§ **Brief**
Below are several entries. Transcribe exactly those lines that fall from the one with "unfolding open_path finish_open" through the one with "abbrev pub io_stat", end lines included.

§ **Information provided**
● ● ● ●
-- ===== src/Resmgr.antt =====
-- resmgr/fs_virtio9p.h and the handlers of resmgr/fs_virtio9p.cpp; IoRead and IoWrite stand below. A handler returns an int, as a bit pattern; `g_session` is an optional session. What the
-- handlers take from the platform's headers and from iofunc is a parameter.
pub mod Answers
pub mod Flags
pub mod Read
pub mod Write
pub mod Listing
pub mod Chunks
pub mod Sent
use qnx_unit_tests.Base.{
  ℕ, ◌+◌, ◌-◌, ◌%◌, ◌^◌, List, [], ◌∷◌, Option, none, some, Bool, true, false, ◌&&◌, ◌==◌, ◌!=◌,
  if◌then◌else◌, bit_and, bit_or, Result, ok, fault, stuck,
}
use qnx_unit_tests.Types.{
  Qid, NinePStat, linux_o_wronly, linux_o_rdwr, linux_o_creat, linux_o_trunc, linux_o_append,
  linux_at_removedir,
}
use qnx_unit_tests.Transport.{Transport, Errno, neg32}
use qnx_unit_tests.Session.{Session, Act, pure, ◌>>=◌}
use qnx_unit_tests.Session.Ops.{
  walk, open_fid, get_attr, clunk, create, mkdir, unlink, rename, walk_parent,
}

-- Virtio9pOcb, and the mode and the size of `file_attr`.
pub record Virtio9pOcb : Type 0 where
  pub fid : ℕ
  pub offset : ℕ
  pub iounit : ℕ
  pub is_directory : Bool
  pub open_flags : ℕ
  pub file_mode : ℕ
  pub file_nbytes : ℕ

-- The platform: O_CREAT, O_EXCL and O_TRUNC, S_ISDIR, and what iofunc_open_default answers for the
-- mode of the open file and the flags of the request: a code, and whether it allocated an OCB.
pub record Qnx : Type 0 where
  pub o_creat : ℕ
  pub o_excl : ℕ
  pub o_trunc : ℕ
  pub s_isdir : ℕ → Bool
  pub open_default : ℕ → ℕ → ℕ × Bool

abbrev pub has : ℕ → ℕ → Bool
has flags bits = bit_and flags bits != 0

unfoldable pub translate_qnx_to_linux_flags : Qnx → ℕ → ℕ
translate_qnx_to_linux_flags qnx flags =
    let access =
      if has flags 0x1 && has flags 0x2
      then linux_o_rdwr
      else if has flags 0x2
      then linux_o_wronly
      else 0 in
    let truncated = if has flags qnx.o_trunc then bit_or access linux_o_trunc else access in
    if has flags 0x8 then bit_or truncated linux_o_append else truncated

-- `NinePStat stat{}`
abbrev pub no_stat : NinePStat
no_stat = record {
  valid = 0;
  qid = record { type = 0; version = 0; path = 0 };
  mode = 0;
  uid = 0;
  gid = 0;
  nlink = 0;
  rdev = 0;
  size = 0;
  blksize = 0;
  blocks = 0;
  atime_sec = 0;
  atime_nsec = 0;
  mtime_sec = 0;
  mtime_nsec = 0;
  ctime_sec = 0;
  ctime_nsec = 0;
  btime_sec = 0;
  btime_nsec = 0;
  gen = 0;
  data_version = 0;
}

-- The fields that IoStat sets, before the casts to the platform's types; the others are 0.
pub record StatReply : Type 0 where
  pub st_mode : ℕ
  pub st_uid : ℕ
  pub st_gid : ℕ
  pub st_nlink : ℕ
  pub st_size : ℕ
  pub st_ino : ℕ

-- (mode & 0040000U) != 0U
abbrev pub is_dir_mode : ℕ → Bool
is_dir_mode mode = has mode 0x4000

-- What the first half of ConnectOpen ends with: a return of a code, or an open file.
pub data Opening : Type 0 where
  refused : ℕ → Opening
  opened : (fid iounit : ℕ) → Bool → NinePStat → Opening

module _ {S : Type 0} (t : Transport S) (e : Errno) where
  -- Clunk, with its code ignored.
  abbrev pub clunk_then : {A : Type 0} → ℕ → A → Act S A
  clunk_then fid a = do _ ← clunk t e fid; pure a

  -- The two ends of a handler.
  abbrev pub reply : ℕ → ℕ
  reply rc = if rc != 0 then neg32 rc else 0

  unfoldable pub open_existing : ℕ → ℕ → Act S Opening
  open_existing fid linux_flags = do
    (rc, iounit) ← open_fid t e fid linux_flags 0
    if rc != 0 then clunk_then fid (refused (neg32 rc)) else (do
      (_, stat) ← get_attr t e fid no_stat
      pure (opened fid iounit (is_dir_mode stat.mode) stat))

  unfoldable pub create_missing : List ℕ → ℕ → Act S Opening
  create_missing path linux_flags = do
    (rc, parent_fid, basename) ← walk_parent t e path 0
    if rc != 0 then pure (refused (neg32 rc)) else (do
      (rc, (_, iounit)) ←
          create t e parent_fid basename (bit_or linux_flags linux_o_creat) 0x1a4 0
            (record { type = 0; version = 0; path = 0 }, 0)
      if rc != 0
          then clunk_then parent_fid (refused (neg32 rc))
          else pure (opened parent_fid iounit false (record no_stat { mode = 0x81a4; size = 0 })))

  unfoldable pub open_path : Qnx → List ℕ → ℕ → Act S Opening
  unfolding open_existing create_missing
  open_path qnx path ioflag =
      let linux_flags = translate_qnx_to_linux_flags qnx ioflag in
      (do
        (rc, fid) ← walk t e path
        if rc == 0
            then open_existing fid linux_flags
            else if rc == neg32 e.enoent && has ioflag qnx.o_creat
            then create_missing path linux_flags
            else pure (refused (neg32 rc)))

  -- ioflag & ~(O_CREAT | O_EXCL | O_TRUNC)
  abbrev pub stripped : Qnx → ℕ → ℕ
  stripped qnx ioflag =
      bit_and ioflag (2 ^ 32 - 1 - bit_or (bit_or qnx.o_creat qnx.o_excl) qnx.o_trunc % 2 ^ 32)

  -- What iofunc's answer and the new OCB make of the open file.
  unfoldable pub finish_open : Qnx → ℕ → Opening → Act S (ℕ × Option Virtio9pOcb)
  finish_open qnx ioflag (refused code) = pure (code, none)
  finish_open qnx ioflag (opened fid iounit is_dir stat) =
      let (result, allocated) = qnx.open_default stat.mode (stripped qnx ioflag) in
      let ocb : Virtio9pOcb = record {
        fid = fid;
        offset = 0;
        iounit = iounit;
        is_directory = is_dir;
        open_flags = translate_qnx_to_linux_flags qnx ioflag;
        file_mode = stat.mode;
        file_nbytes = stat.size;
      } in
      if result != 0
      then clunk_then fid (result, none)
      else pure (0, if allocated then some ocb else none)

  -- A handler whose session is there; a null path and an empty one are both [].
  abbrev pub with_session :
      {A : Type 0} → A → Act S A → Option (Session S) → Result (A × Option (Session S))
  with_session absent m none = ok (absent, none)
  with_session absent m (some s) = elim (m s) [
    | ok p ↦ ok (p.0, some p.1)
    | fault ↦ fault
    | stuck ↦ stuck
  ]

  abbrev pub path_or_root : List ℕ → List ℕ
  path_or_root [] = b'/' ∷ []
  path_or_root (c ∷ cs) = c ∷ cs

  unfoldable pub open_action : Qnx → List ℕ → ℕ → Act S (ℕ × Option Virtio9pOcb)
  unfolding open_path finish_open
  open_action qnx path ioflag = do
    o ← open_path qnx (path_or_root path) ioflag
    finish_open qnx ioflag o

  abbrev pub connect_open :
      Qnx → List ℕ → ℕ → Option (Session S) → Result ((ℕ × Option Virtio9pOcb) × Option (Session S))
  connect_open qnx path ioflag = with_session (e.enosys, none) (open_action qnx path ioflag)

  abbrev pub stat_reply : NinePStat → StatReply
  stat_reply stat = record {
    st_mode = stat.mode;
    st_uid = stat.uid;
    st_gid = stat.gid;
    st_nlink = stat.nlink;
    st_size = stat.size;
    st_ino = stat.qid.path;
  }

  -- The code, and the reply if there is one.
  unfoldable pub stat_action : Virtio9pOcb → Act S (ℕ × Option StatReply)
  stat_action ocb = do
    (rc, stat) ← get_attr t e ocb.fid no_stat
    pure (if rc != 0 then (neg32 rc, none) else (0, some (stat_reply stat)))

  abbrev pub io_stat :
      Virtio9pOcb → Option (Session S) → Result ((ℕ × Option StatReply) × Option (Session S))
  io_stat ocb = with_session (e.enosys, none) (stat_action ocb)

  unfoldable pub mknod_action : Qnx → List ℕ → ℕ → Act S ℕ
  mknod_action qnx [] mode = pure e.einval
  mknod_action qnx (c ∷ cs) mode =
      if qnx.s_isdir mode
      then (do
        (rc, parent_fid, basename) ← walk_parent t e (c ∷ cs) 0
        if rc != 0 then pure (neg32 rc) else (do
          rc ← mkdir t e parent_fid basename (bit_and mode 0x1ff) 0
          clunk_then parent_fid (reply rc)))
      else pure e.enotsup

  abbrev pub connect_mknod : Qnx → List ℕ → ℕ → Option (Session S) → Result (ℕ × Option (Session S))
  connect_mknod qnx path mode = with_session e.enosys (mknod_action qnx path mode)

  -- The flags for Tunlinkat, from the attributes of the target if it can be walked to.
  unfoldable pub unlink_flags : List ℕ → Act S ℕ
  unlink_flags path = do
    (rc, target_fid) ← walk t e path
    if rc == 0
        then (do
          (rc, stat) ← get_attr t e target_fid no_stat
          clunk_then target_fid
              (if rc == 0 then (if is_dir_mode stat.mode then linux_at_removedir else 0) else 0))
        else pure 0

  unfoldable pub unlink_action : List ℕ → Act S ℕ
  unfolding unlink_flags
  unlink_action [] = pure e.einval
  unlink_action (c ∷ cs) = do
    (rc, parent_fid, basename) ← walk_parent t e (c ∷ cs) 0
    if rc != 0 then pure (neg32 rc) else (do
      flags ← unlink_flags (c ∷ cs)
      rc ← unlink t e parent_fid basename flags
      clunk_then parent_fid (reply rc))

  abbrev pub connect_unlink : List ℕ → Option (Session S) → Result (ℕ × Option (Session S))
  connect_unlink path = with_session e.enosys (unlink_action path)

  -- The new path is what follows the old one in the message.
  unfoldable pub rename_action : List ℕ → List ℕ → Act S ℕ
  rename_action [] new_path = pure e.einval
  rename_action (c ∷ cs) new_path = do
    (rc, old_parent_fid, old_basename) ← walk_parent t e (c ∷ cs) 0
    if rc != 0 then pure (neg32 rc) else (do
      (rc, new_parent_fid, new_basename) ← walk_parent t e new_path 0
      if rc != 0 then clunk_then old_parent_fid (neg32 rc) else (do
        rc ← rename t e old_parent_fid old_basename new_parent_fid new_basename
        _ ← clunk t e old_parent_fid
        clunk_then new_parent_fid (reply rc)))

  abbrev pub connect_rename : List ℕ → List ℕ → Option (Session S) → Result (ℕ × Option (Session S))
  connect_rename path new_path = with_session e.enosys (rename_action path new_path)

  -- `close_default` is what iofunc_close_ocb_default returns.
  abbrev pub io_close_ocb : ℕ → Virtio9pOcb → Option (Session S) → Result (ℕ × Option (Session S))
  io_close_ocb close_default ocb = with_session close_default (clunk_then ocb.fid close_default)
● ● ● ●
§ **Answer box**
  unfolding open_path finish_open
  open_action qnx path ioflag = do
    o ← open_path qnx (path_or_root path) ioflag
    finish_open qnx ioflag o

  abbrev pub connect_open :
      Qnx → List ℕ → ℕ → Option (Session S) → Result ((ℕ × Option Virtio9pOcb) × Option (Session S))
  connect_open qnx path ioflag = with_session (e.enosys, none) (open_action qnx path ioflag)

  abbrev pub stat_reply : NinePStat → StatReply
  stat_reply stat = record {
    st_mode = stat.mode;
    st_uid = stat.uid;
    st_gid = stat.gid;
    st_nlink = stat.nlink;
    st_size = stat.size;
    st_ino = stat.qid.path;
  }

  -- The code, and the reply if there is one.
  unfoldable pub stat_action : Virtio9pOcb → Act S (ℕ × Option StatReply)
  stat_action ocb = do
    (rc, stat) ← get_attr t e ocb.fid no_stat
    pure (if rc != 0 then (neg32 rc, none) else (0, some (stat_reply stat)))

  abbrev pub io_stat :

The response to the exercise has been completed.